Description: One direction of Theorem 19.32 of [Margaris] p. 90 with restricted quantifiers. For decidable propositions this is an equivalence. (Contributed by Jim Kingdon, 19-Aug-2018.)

Hypothesis

Ref	Expression
r19.32r.1	|- F/ x ph

Assertion

Ref	Expression
r19.32r	|- ( ( ph \/ A. x e. A ps ) -> A. x e.
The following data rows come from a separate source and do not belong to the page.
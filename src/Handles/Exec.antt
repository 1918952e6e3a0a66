-- ===== src/Handles/Exec.antt =====
-- `NamedStmt.ExecContext`, over the state of a database, and the other calls of named_stmt.go that bind
-- their argument.
use sqlx_v.Prelude.{
  ℕ, Option, none, some, List, [], ◌∷◌, ◌++◌, ◌≡◌, refl, ap, ◌∙◌, inl, inr, Option-cases, Bytes,
  All,
}
use sqlx_v.Errors.{Error, Result, ok, fail, panics, ◌>>=◌, Result-cases}
use sqlx_v.Value.{GoType, Value}
use sqlx_v.Reflectx.Mapper.{Mapper}
use sqlx_v.Reflectx.Tags.{Setting}
use sqlx_v.Bind.Args.{Arg, bind_any_args, bind_map_args, convert_map_string_interface}
use sqlx_v.Bind.Named.{elements_of}
use sqlx_v.Handles.{NamedStmt}

-- What `return res, err` gives: the `sql.Result`, which may be nil, and the error.
pub record Executed : Type 0 where
  pub res : Option ℕ
  pub outcome : Result (Unit {0})

-- `bind.BindAnyArgs` with the mapper of the statement; a struct needs it, and a nil one panics.
unfoldable pub bind_statement_args :
    Setting → Option Mapper → List Bytes → Value → Result (List Arg)
bind_statement_args env none params arg = do
  found ← convert_map_string_interface arg
  elim found [ some es ↦ bind_map_args params es | none ↦ panics ]
bind_statement_args env (some m) params arg = bind_any_args (record env { mapper = m }) params arg

abbrev pub outcome_of : Option Error → Result (Unit {0})
outcome_of none = ok tt
outcome_of (some e) = fail e

-- `exec` is `n.Stmt.ExecContext` of database/sql: the state of the database with its result and error.
module _ {S : Type 0} (env : Setting) (n : NamedStmt)
    (exec : List Arg → S → S × (Option ℕ × Option Error)) where
  unfoldable pub bind_params : Value → Result (List Arg)
  bind_params arg = bind_statement_args env n.stmt.mapper n.params arg

  -- One argument, bound as a whole: what the loop does with an element, and `ExecContext` with an
  -- argument that is no slice or array.
  unfoldable pub exec_one : Value → S → S × Executed
  unfolding bind_params
  exec_one arg s = elim (bind_params arg) [
    | ok args ↦ let (s', r) = exec args s in (s', record { res = r.0; outcome = outcome_of r.1 })
    | fail e ↦ (s, record { res = none; outcome = fail e })
    | panics ↦ (s, record { res = none; outcome = panics })
  ]

  -- The loop over the elements; `res` is what the last round left.
  unfoldable pub exec_elements : List Value → S → Option ℕ → S × Executed
  unfolding bind_params
  exec_elements [] s res = (s, record { res = res; outcome = ok tt })
  exec_elements (elem ∷ elems) s res = elim (bind_params elem) [
    | ok args ↦
        let (s', r) = exec args s in
        elim r.1 [
          | some e ↦ (s', record { res = r.0; outcome = fail e })
          | none ↦ exec_elements elems s' r.0
        ]
    | fail e ↦ (s, record { res = res; outcome = fail e })
    | panics ↦ (s, record { res = res; outcome = panics })
  ]

  -- `NamedStmt.ExecContext`; an empty slice is the loop with no round.
  unfoldable pub exec_context : Value → S → S × Executed
  unfolding exec_one exec_elements
  exec_context arg s = elim (elements_of arg) [
    | some (elem_type, elems) ↦ exec_elements elems s none
    | none ↦ exec_one arg s
  ]

  -- Some elements are bound and executed one after the other, each without an error.
  pub data Executes : List Value → S → Option ℕ → S → Option ℕ → Type 0 where
    nothing : {s : S} {res : Option ℕ} → Executes [] s res s res
    then_one :
        {v : Value} {vs : List Value} {s t u : S} {res mid out : Option ℕ}
        → exec_one v s ≡ (t, record { res = mid; outcome = ok tt })
        → Executes vs t mid u out
        → Executes (v ∷ vs) s res u out

  -- How a batch ends: all of it was executed, or the first element that fails says why.
  pub data Ends (vs : List Value) (s : S) (res : Option ℕ) : S × Executed → Type 0 where
    all_of_it :
        {t : S} {out : Option ℕ}
        → Executes vs s res t out
        → Ends vs s res (t, record { res = out; outcome = ok tt })
    stopped :
        (before rest : List Value) (v : Value) {t u : S} {mid one out : Option ℕ} {e : Error}
        → vs ≡ before ++ v ∷ rest
        → Executes before s res t mid
        → exec_one v t ≡ (u, record { res = one; outcome = fail e })
        → Ends vs s res (u, record { res = out; outcome = fail e })
    panicked :
        (before rest : List Value) (v : Value) {t : S} {mid : Option ℕ}
        → vs ≡ before ++ v ∷ rest
        → Executes before s res t mid
        → (exec_one v t).1.outcome ≡ panics
        → Ends vs s res (t, record { res = mid; outcome = panics })

  later_Ends :
      {v : Value} {vs : List Value} {s t : S} {res mid : Option ℕ} {p : S × Executed}
      → exec_one v s ≡ (t, record { res = mid; outcome = ok tt })
      → Ends vs t mid p
      → Ends (v ∷ vs) s res p
  later_Ends {v} one (all_of_it r) = all_of_it (then_one one r)
  later_Ends {v} one (stopped before rest w same r last) =
      stopped (v ∷ before) rest w (ap (λ l. v ∷ l) same) (then_one one r) last
  later_Ends {v} one (panicked before rest w same r last) =
      panicked (v ∷ before) rest w (ap (λ l. v ∷ l) same) (then_one one r) last

  exec_one-bind_params :
      (v : Value) (s : S) {args : List Arg}
      → bind_params v ≡ ok args
      → exec_one v s ≡ (
        (exec args s).0,
        record { res = (exec args s).1.0; outcome = outcome_of (exec args s).1.1 },
      )
  unfolding exec_one
  exec_one-bind_params v s h = rw (h, exec_one) refl

  exec_one-fails :
      (v : Value) (s : S) {e : Error}
      → bind_params v ≡ fail e
      → exec_one v s ≡ (s, record { res = none; outcome = fail e })
  unfolding exec_one
  exec_one-fails v s h = rw (h, exec_one) refl

  exec_one-panics : (v : Value) (s : S) → bind_params v ≡ panics → (exec_one v s).1.outcome ≡ panics
  unfolding exec_one
  exec_one-panics v s h = rw (h, exec_one) refl

  exec_elements-Ends :
      (vs : List Value) (s : S) (res : Option ℕ) → Ends vs s res (exec_elements vs s res)
  unfolding exec_elements
  exec_elements-Ends [] s res = all_of_it nothing
  exec_elements-Ends (v ∷ vs) s res = elim (Result-cases (bind_params v)) [
    | inl (args, bound) ↦
        let (t, r) = exec args s in
        let one = exec_one-bind_params v s bound in
        elim (Option-cases r.1) [
          | inl fine ↦
              rw (bound, exec_elements, fine)
                (later_Ends (one ∙ ap (λ o. (t, record { res = r.0; outcome = outcome_of o })) fine)
                  (exec_elements-Ends vs t r.0))
          | inr (e, failed) ↦
              rw (bound, exec_elements, failed)
                (stopped [] vs v refl nothing
                  (one ∙ ap (λ o. (t, record { res = r.0; outcome = outcome_of o })) failed))
        ]
    | inr (inl (e, failed)) ↦
        rw (failed, exec_elements) (stopped [] vs v refl nothing (exec_one-fails v s failed))
    | inr (inr panicking) ↦
        rw (panicking, exec_elements)
          (panicked [] vs v refl nothing (exec_one-panics v s panicking))
  ]

  -- `ExecContext` of an element by itself is that step, unless the element is a slice or an array.
  abbrev pub StepsAlone : List Value → Type 0
  StepsAlone = All (λ v. elements_of v ≡ none → (s : S) → exec_context v s ≡ exec_one v s)

  all_StepsAlone : (vs : List Value) → StepsAlone vs
  unfolding exec_context
  all_StepsAlone [] = tt
  all_StepsAlone (v ∷ vs) = ((λ h s. rw (h, exec_context) refl), all_StepsAlone vs)

  -- A batch is no transaction: over a slice or an array `ExecContext` binds and executes the elements in
  -- order, each as one argument, up to the first one that fails, whose error is returned, or that panics;
  -- those before it stay executed. If none fails all are executed, and the last one's result is returned,
  -- or none for an empty slice. An element that is no slice or array is executed as `ExecContext` would
  -- execute it alone; one that is, is not gone through but bound as a whole.
  pub exec_context-Ends :
      (arg : Value) (s : S) {elem_type : GoType} {elems : List Value}
      → elements_of arg ≡ some (elem_type, elems)
      → Ends elems s none (exec_context arg s) × StepsAlone elems
  unfolding exec_context
  exec_context-Ends arg s {elem_type} {elems} h =
      rw (h, exec_context) (exec_elements-Ends elems s none, all_StepsAlone elems)
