-- ===== src/Handles/Settings.antt =====
-- The settings on the way from a handle to the transactions and connections that come from it.
use sqlx_v.Prelude.{ℕ, some, List, ◌≡◌, refl, ap, ◌∙◌, arith, Bytes}
use sqlx_v.Errors.{Result, ok, fail, panics, ◌>>=◌, wrap, >>=-elim}
use sqlx_v.Value.{GoType}
use sqlx_v.Reflectx.Mapper.{Mapper}
use sqlx_v.Reflectx.Address.{Memory}
use sqlx_v.Reflectx.Tags.{Setting}
use sqlx_v.Bind.Registry.{Binds, bind_type}
use sqlx_v.Bind.Compile.Cache.{CompileCache, CompileResult, compile_named_query}
use sqlx_v.Engine.Dest.{Slot}
use sqlx_v.Engine.Scan.{SqlRows, Caches}
use sqlx_v.Engine.Scan.Select.{Dest, Item}
use sqlx_v.Handles.{
  Handle, same_settings, db_begin_txx, conn_begin_txx, connx, handle_of, select_context, NamedStmt,
  preparex_context, prepared_named, prepare_named_context, tx_prepare_named_context,
}

-- A handle that is made from another one.
pub data Derives (h : Handle) : Handle → Type 0 where
  begins_in_db : {t : Handle} (begun : Result ℕ) → db_begin_txx h begun ≡ ok t → Derives h t
  begins_in_conn : {t : Handle} (begun : Result ℕ) → conn_begin_txx h begun ≡ ok t → Derives h t
  connects : {t : Handle} (got : Result ℕ) → connx h got ≡ ok t → Derives h t

-- Any number of them, one from the other.
pub data Reaches (h : Handle) : Handle → Type 0 where
  stays : Reaches h h
  further : {s t : Handle} → Reaches h s → Derives s t → Reaches h t

-- Only the object differs.
record IsLike (h t : Handle) : Type 0 where
  like : t ≡ same_settings h t.object

Derives-IsLike : {h t : Handle} → Derives h t → IsLike h t
unfolding db_begin_txx conn_begin_txx connx
Derives-IsLike {h} (begins_in_db begun e) = record {
  like = >>=-elim (wrap _ begun) _ e λ tx found h1. ground arith;
}
Derives-IsLike {h} (begins_in_conn begun e) = record {
  like = >>=-elim begun _ e λ tx found h1. ground arith;
}
Derives-IsLike {h} (connects got e) = record {
  like = >>=-elim (wrap _ got) _ e λ tx found h1. ground arith;
}

Reaches-IsLike : {h t : Handle} → Reaches h t → IsLike h t
Reaches-IsLike stays = record { like = refl }
Reaches-IsLike (further {s} {t} r d) = record {
  like = (Derives-IsLike d).like ∙ ap (λ s. same_settings s t.object) (Reaches-IsLike r).like;
}

-- Whatever transactions and connections lie between, `Select` through the last handle does what it does
-- through the first one, for the same rows of database/sql: it returns, writes and caches the same.
pub Reaches-select_context :
    {R : Type 0} (default_mapper : Mapper) (env : Setting) (size : GoType → ℕ)
    (sql_scan : R → List Slot → Memory → Memory × Result (Unit {0})) {h t : Handle}
    (queried : Result (SqlRows R)) (dest : Dest) (caches : Caches) (memory : Memory)
    (items : List Item)
    → Reaches h t
    → select_context default_mapper env size sql_scan (handle_of t) queried dest caches memory items
      ≡ select_context default_mapper env size sql_scan
          (handle_of h)
          queried
          dest
          caches
          memory
          items
unfolding select_context
Reaches-select_context default_mapper env size sql_scan {h} {t} queried dest caches memory items r =
    ap
      (λ t.
        select_context default_mapper env size sql_scan (handle_of t) queried dest caches memory
          items)
      (Reaches-IsLike r).like

pub prepared_named-fields :
    (default_mapper : Mapper) (db : Handle) (prepare : Bytes → Result ℕ) (c : CompileResult)
    {n : NamedStmt}
    → prepared_named default_mapper db prepare c ≡ ok n
    → ((n.query_string ≡ c.0) × (n.params ≡ c.1) × (prepare c.0 ≡ ok n.stmt.object))
      × ((n.stmt.mapper ≡ some default_mapper)
          × (n.stmt.is_unsafe ≡ db.is_unsafe)
          × (n.stmt.strict_tag_parsing ≡ db.strict_tag_parsing))
unfolding prepared_named
prepared_named-fields default_mapper db prepare (q, names) {n} h = by_statement (prepare q) h
  where
    by_statement :
        (prepared : Result ℕ)
        → (wrap "sqlx: error preparing statement: %w" (preparex_context default_mapper prepared)
            >>= λ stmt. ok (record {
              query_string = q;
              params = names;
              stmt = record stmt {
                is_unsafe = db.is_unsafe;
                strict_tag_parsing = db.strict_tag_parsing;
              };
            }))
          ≡ ok n
        → ((n.query_string ≡ q) × (n.params ≡ names) × (prepared ≡ ok n.stmt.object))
          × ((n.stmt.mapper ≡ some default_mapper)
              × (n.stmt.is_unsafe ≡ db.is_unsafe)
              × (n.stmt.strict_tag_parsing ≡ db.strict_tag_parsing))
    by_statement (ok s) e = unfold preparex_context in ground arith
    by_statement (fail x) e = absurd (unfold preparex_context in ground arith)
    by_statement panics e = absurd (unfold preparex_context in ground arith)

-- A named statement that a `DB` prepares has the flags of the `DB`, but the default mapper, whatever
-- mapper the `DB` has.
pub prepare_named_context-default :
    (default_mapper : Mapper) (binds : Binds) (db : Handle) (prepare : Bytes → Result ℕ)
    (query : Bytes) (cache : CompileCache) {n : NamedStmt}
    → (prepare_named_context default_mapper binds db prepare query cache).0 ≡ ok n
    → (n.stmt.mapper ≡ some default_mapper)
      × (n.stmt.is_unsafe ≡ db.is_unsafe)
      × (n.stmt.strict_tag_parsing ≡ db.strict_tag_parsing)
unfolding prepare_named_context
prepare_named_context-default default_mapper binds db prepare query cache {n} h =
    let (r, cache') = compile_named_query (bind_type binds db.driver_name) query cache in
    >>=-elim (wrap "sqlx: error compiling named query: %w" r) _ h
      λ c compiled h1. (prepared_named-fields default_mapper db prepare c h1).1

-- `PrepareNamed` of a `Tx` gives the statement that it would give of a `DB` with the same settings.
pub tx_prepare_named_context-ok :
    (default_mapper : Mapper) (binds : Binds) (tx : Handle) (prepare : Bytes → Result ℕ)
    (query : Bytes) (cache : CompileCache) {n : NamedStmt}
    → (tx_prepare_named_context default_mapper binds tx prepare query cache).0 ≡ ok n
    → (prepare_named_context default_mapper binds tx prepare query cache).0 ≡ ok n
unfolding tx_prepare_named_context prepare_named_context prepared_named
tx_prepare_named_context-ok default_mapper binds tx prepare query cache h =
    let (r, cache') = compile_named_query (bind_type binds tx.driver_name) query cache in
    >>=-elim r _ h λ c compiled h1.
      >>=-elim (preparex_context default_mapper (prepare c.0)) _ h1
        λ stmt found e. rw (compiled, found) e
A ( ph \/ ps ) )

Proof of Theorem r19.32r

Step	Hyp	Ref	Expression
1		r19.32r.1	. . . 4 |- F/ x ph
2		orc 701	. . . . 5 |- ( ph -> ( ph \/ ps ) )
3	2	a1d 22	. . . 4 |- ( ph -> ( x e. A -> ( ph \/ ps ) ) )
4	1, 3	alrimi 1502	. . 3 |- ( ph -> A. x ( x e. A -> ( ph \/ ps ) ) )
5		df-ral 2419	. . . 4 |- ( A. x e. A ps <-> A. x ( x e. A -> ps ) )
6		olc 700	. . . . . 6 |- ( ps -> ( ph \/ ps ) )
7	6	imim2i 12	. . . . 5 |- ( ( x e. A -> ps ) -> ( x e. A -> ( ph \/ ps ) ) )
8	7	alimi 1431	. . . 4 |- ( A. x ( x e. A -> ps ) -> A. x ( x e. A -> ( ph \/ ps ) ) )
9	5, 8	sylbi 120	. . 3 |- ( A. x e. A ps -> A. x ( x e. A -> ( ph \/ ps ) ) )
10	4, 9	jaoi 705	. 2 |- ( ( ph \/ A. x e. A ps ) -> A. x ( x e. A -> ( ph \/ ps ) ) )
11		df-ral 2419	. 2 |- ( A. x e. A ( ph \/ ps ) <-> A. x ( x e. A -> ( ph \/ ps ) ) )
12	10, 11	sylibr 133	1 |- ( ( ph \/ A. x e. A ps ) -> A. x e. A ( ph \/ ps ) )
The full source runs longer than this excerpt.